Still, we don't have an entirely satisfactory understanding of what's going on.
We don't even have a good understanding of how generalization works.

This is particularly galling because in everyday life we humans generalize phenomenally well.

We have a system - the human brain - with huge number of free parameters. And we can generalize with very few training examples. Our brains in some sense are regularizing amazingly well. How?

Back to our problem, it has been conjectures that the dynamics of gradient descent learning in multilayer nets has a self-regularizing effect. This is fortunate, but disquieting as we don't understand why.

In the meantime, we would just use regularization whenever we can.

Other techniques for regularization

L1 regularization:

$$\begin{eqnarray} C = C_0 + \frac{\lambda}{n} \sum_w |w|. \tag{95}\end{eqnarray}$$

Dropout:
Here we randomly(and temporarily) delete half* the hidden neurons in the network, while leaving all the weights and other neurons untouched.

We do this only during the training,. When we run the full network during testing, we need to halve the weights outgoing from the hidden units.

How does it do regularization? It is a lot like using a committee of smaller networks. The different networks will overfit in different ways, and hopefully, the net effect would reduce overfitting.

In another explanation, using dropout forces the neurons to learn more robust features, reducing co-adaptations.

Artificially expanding the training data:

All about data augmentation
Very powerful. Very useful.

Weight initialization

About using Gaussian distribution for input weights, and its pitfalls.

Handwriting recognition revisited: the code

The updated Network class, 

class Network(object):

    def __init__(self, sizes, cost=CrossEntropyCost):
        self.num_layers = len(sizes)
        self.sizes = sizes
        self.default_weight_initializer()
        self.cost=cost

Weight initialization, using Gaussian random variables with zero mean and standard deviation 1 divided by the square root of number of connections 

    def default_weight_initializer(self):
        self.biases = [np.random.randn(y, 1) for y in self.sizes[1:]]
        self.weights = [np.random.randn(y, x)/np.sqrt(x) 
                        for x, y in zip(self.sizes[:-1], self.sizes[1:])]
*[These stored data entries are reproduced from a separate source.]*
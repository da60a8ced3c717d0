-- ===== src/Cri/Dind/Ready.antt =====
-- Of which containers a sandbox is returned (`SandboxCreate`, internal/cri/dind.go).
use Prim.Native.String.{◌++◌ as append}
use taskcluster_multistage_d.Common.{
  ◌≡◌, refl, sym, subst, ap, ◌∙◌, false, ℕ, Option, none, some, List, [], ◌∷◌, map, last, String,
  str_eq, Bool-cases, inl, inr,
}
use taskcluster_multistage_d.Exception.{Error}
use taskcluster_multistage_d.Worker.Calls.{Result, ok, err}
use taskcluster_multistage_d.Cri.{ContainerStatus}
use taskcluster_multistage_d.Cri.Dind.Tls.{Tar, TlsConfig, tls_config_from_tar}
use taskcluster_multistage_d.Cri.Dind.{
  Attempt, passes, Outcome, unless, DindWorld, DindSandbox, Ending, returns, fails, crashes,
  try_info, try_started, try_status, after_info, after_tls, after_read, after_client, connect,
  wait_and_connect, with_container, after_pull, sandbox_create,
}

-- `backoff.Retry` returns nil only after an attempt that told it nil.
abbrev pub IsRetry : (List Attempt → Option Error) → Type 0
IsRetry retry = (outcomes : List Attempt) → retry outcomes ≡ none → last outcomes ≡ some passes

-- The container runs and has an address.
pub record IsRunning (status : ContainerStatus) : Type 0 where
  pub started : (start : ℕ) × (status.started_at ≡ some start)
  pub unfinished : status.finished_at ≡ none
  pub has_address : str_eq status.ip_address "" ≡ false

-- The last status was that of a running container, at whose address Docker is, and the configuration
-- is that of the archive read from it.
pub record IsReady {Pair : Type 0} (w : DindWorld Pair) (s : DindSandbox Pair) : Type 0 where
  pub status : ContainerStatus
  pub last_answer : last w.statuses ≡ some (ok status)
  pub is_running : IsRunning status
  pub at_host : s.host ≡ append "tcp://" (append status.ip_address ":2376")
  pub archive : Tar
  pub read : w.read_files ≡ ok archive
  pub loads : (tls_config_from_tar w.x509_key_pair archive).result ≡ ok s.tls

abbrev pub OnlyReady : {Pair : Type 0} → DindWorld Pair → Ending Pair → Type 0
OnlyReady w (returns s) = IsReady w s
OnlyReady w (fails e) = Unit {0}
OnlyReady w crashes = ⊥

last-map :
    {A B : Type 0} (f : A → B) (xs : List A) (b : B)
    → last (map f xs) ≡ some b
    → (a : A) × (last xs ≡ some a) × (f a ≡ b)
last-map f [] b h = absurd (cc)
last-map f (x ∷ []) b h = (x, refl, cc)
last-map f (x ∷ y ∷ ys) b h = last-map f (y ∷ ys) b h

try_started-passes :
    (started finished : Option ℕ) (ip : String)
    → try_started started finished ip ≡ passes
    → ((start : ℕ) × (started ≡ some start)) × (finished ≡ none) × (str_eq ip "" ≡ false)
try_started-passes none finished ip h = absurd (cc)
try_started-passes (some start) (some finish) ip h = absurd (cc)
try_started-passes (some start) none ip h = elim (Bool-cases (str_eq ip "")) [
  | inl empty ↦ absurd (cc)
  | inr full ↦ ((start, refl), refl, full)
]

-- What the last attempt tells comes from the last answer, which `connect` uses.
try_status-passes :
    (r : Result ContainerStatus)
    → try_status r ≡ passes
    → (status : ContainerStatus) × (r ≡ ok status) × IsRunning status
unfolding try_status
try_status-passes (err e) h = absurd (cc)
try_status-passes (ok status) h =
    let t = try_started-passes status.started_at status.finished_at status.ip_address h in
    (status, refl, record { started = t.0; unfinished = t.1; has_address = t.2 })

OnlyReady-unless :
    {Pair : Type 0} (w : DindWorld Pair) (e : Option Error) (o : Outcome Pair)
    → (e ≡ none → OnlyReady w o.ending)
    → OnlyReady w (unless e o).ending
OnlyReady-unless w none o next = next refl
OnlyReady-unless w (some e) o next = tt

module _ {Pair : Type 0} (w : DindWorld Pair) (image name id : String) where
  module _ (status : ContainerStatus) (answer : last w.statuses ≡ some (ok status))
      (running : IsRunning status) where
    abbrev host : String
    host = append "tcp://" (append status.ip_address ":2376")

    OnlyReady-after_info :
        (tar : Tar) (tls : TlsConfig Pair) (r : Result String)
        → w.read_files ≡ ok tar
        → (tls_config_from_tar w.x509_key_pair tar).result ≡ ok tls
        → OnlyReady w (after_info w image name id host tls r).ending
    OnlyReady-after_info tar tls (err e) read loads = tt
    OnlyReady-after_info tar tls (ok version) read loads = record {
      status = status;
      last_answer = answer;
      is_running = running;
      at_host = refl;
      archive = tar;
      read = read;
      loads = loads;
    }

    OnlyReady-after_tls :
        (tar : Tar) (r : Result (TlsConfig Pair))
        → w.read_files ≡ ok tar
        → (tls_config_from_tar w.x509_key_pair tar).result ≡ r
        → OnlyReady w (after_tls w image name id host r).ending
    OnlyReady-after_tls tar (err e) read loads = tt
    OnlyReady-after_tls tar (ok tls) read loads = OnlyReady-after_info tar tls w.info read loads

    OnlyReady-after_read :
        (r : Result Tar) → w.read_files ≡ r → OnlyReady w (after_read w image name id host r).ending
    unfolding tls_config_from_tar
    OnlyReady-after_read (err e) read = tt
    OnlyReady-after_read (ok tar) read =
        OnlyReady-after_tls tar (tls_config_from_tar w.x509_key_pair tar).result read refl

    OnlyReady-after_client :
        (e : Option Error) → OnlyReady w (after_client w image name id host e).ending
    unfolding tls_config_from_tar
    OnlyReady-after_client (some e) = tt
    OnlyReady-after_client none =
        OnlyReady-unless w (w.retry (map (try_info w.is_connection_failed) w.infos)) _
          (λ x. OnlyReady-after_read w.read_files refl)

  OnlyReady-wait_and_connect :
      IsRetry w.retry → OnlyReady w (wait_and_connect w image name id).ending
  unfolding tls_config_from_tar try_status
  OnlyReady-wait_and_connect is_retry =
      OnlyReady-unless w (w.retry (map try_status w.statuses)) _ (λ passed.
        let (r, last_is_r, r_passes) =
          last-map try_status w.statuses passes (is_retry (map try_status w.statuses) passed) in
        let (status, r_is_status, running) = try_status-passes r r_passes in
        let answer = last_is_r ∙ ap some r_is_status in
        subst (λ t. OnlyReady w (connect w image name id t).ending) (sym answer)
          (OnlyReady-after_client status answer running w.new_client))

-- Where `backoff.Retry` returns nil only after an attempt that told it nil, `SandboxCreate` never uses
-- a nil status; and the container of a sandbox that it returns was started and not finished when last
-- asked, has an address, and gave the archive whose TLS configuration the sandbox has.
pub sandbox_create-OnlyReady :
    {Pair : Type 0} (w : DindWorld Pair) (image name : String)
    → IsRetry w.retry
    → OnlyReady w (sandbox_create w image name).ending
unfolding sandbox_create
sandbox_create-OnlyReady w image name is_retry = pulled w.pull
  where
    created : (r : Result String) → OnlyReady w (with_container w image name r).ending
    created (err e) = tt
    created (ok id) = OnlyReady-wait_and_connect w image name id is_retry

    pulled : (pull : Option Error) → OnlyReady w (after_pull w image name pull).ending
    pulled (some e) = tt
    pulled none = created w.create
Here is the old weight initializer, using only Gaussian random variables, 

    def large_weight_initializer(self):
        self.biases = [np.random.randn(y, 1) for y in self.sizes[1:]]
        self.weights = [np.random.randn(y, x) 
                        for x, y in zip(self.sizes[:-1], self.sizes[1:])]

For our newly added cost attribute, 

class CrossEntropyCost(object):

    @staticmethod
    def fn(a, y):
        return np.sum(np.nan_to_num(-y*np.log(a)-(1-y)*np.log(1-a)))

    @staticmethod
    def delta(z, a, y):
        return (a-y)

It is implemented as a class since along with the actual cost, we also need a way to calculate the gradient. This class encapsulates both things.

And, here is the QuadraticCost that we were using earlier, abstracted into a class, 

class QuadraticCost(object):

    @staticmethod
    def fn(a, y):
        return 0.5*np.linalg.norm(a-y)**2

    @staticmethod
    def delta(z, a, y):
        return (a-y) * sigmoid_prime(z)

How to choose a neural network's hyper-parameters?

That's a huge space to get lost in.

Broad strategy:
Start with the problem of doing better than chance.
The simplest(also fastest or easiest) method that can get you started.
Just make sure to get quick feedback of how the model is doing.

Then we start with parameter tuning.

Learning rate:

A sample result while training in MNIST.

More rules of thumb about how to choose and change the learning rate.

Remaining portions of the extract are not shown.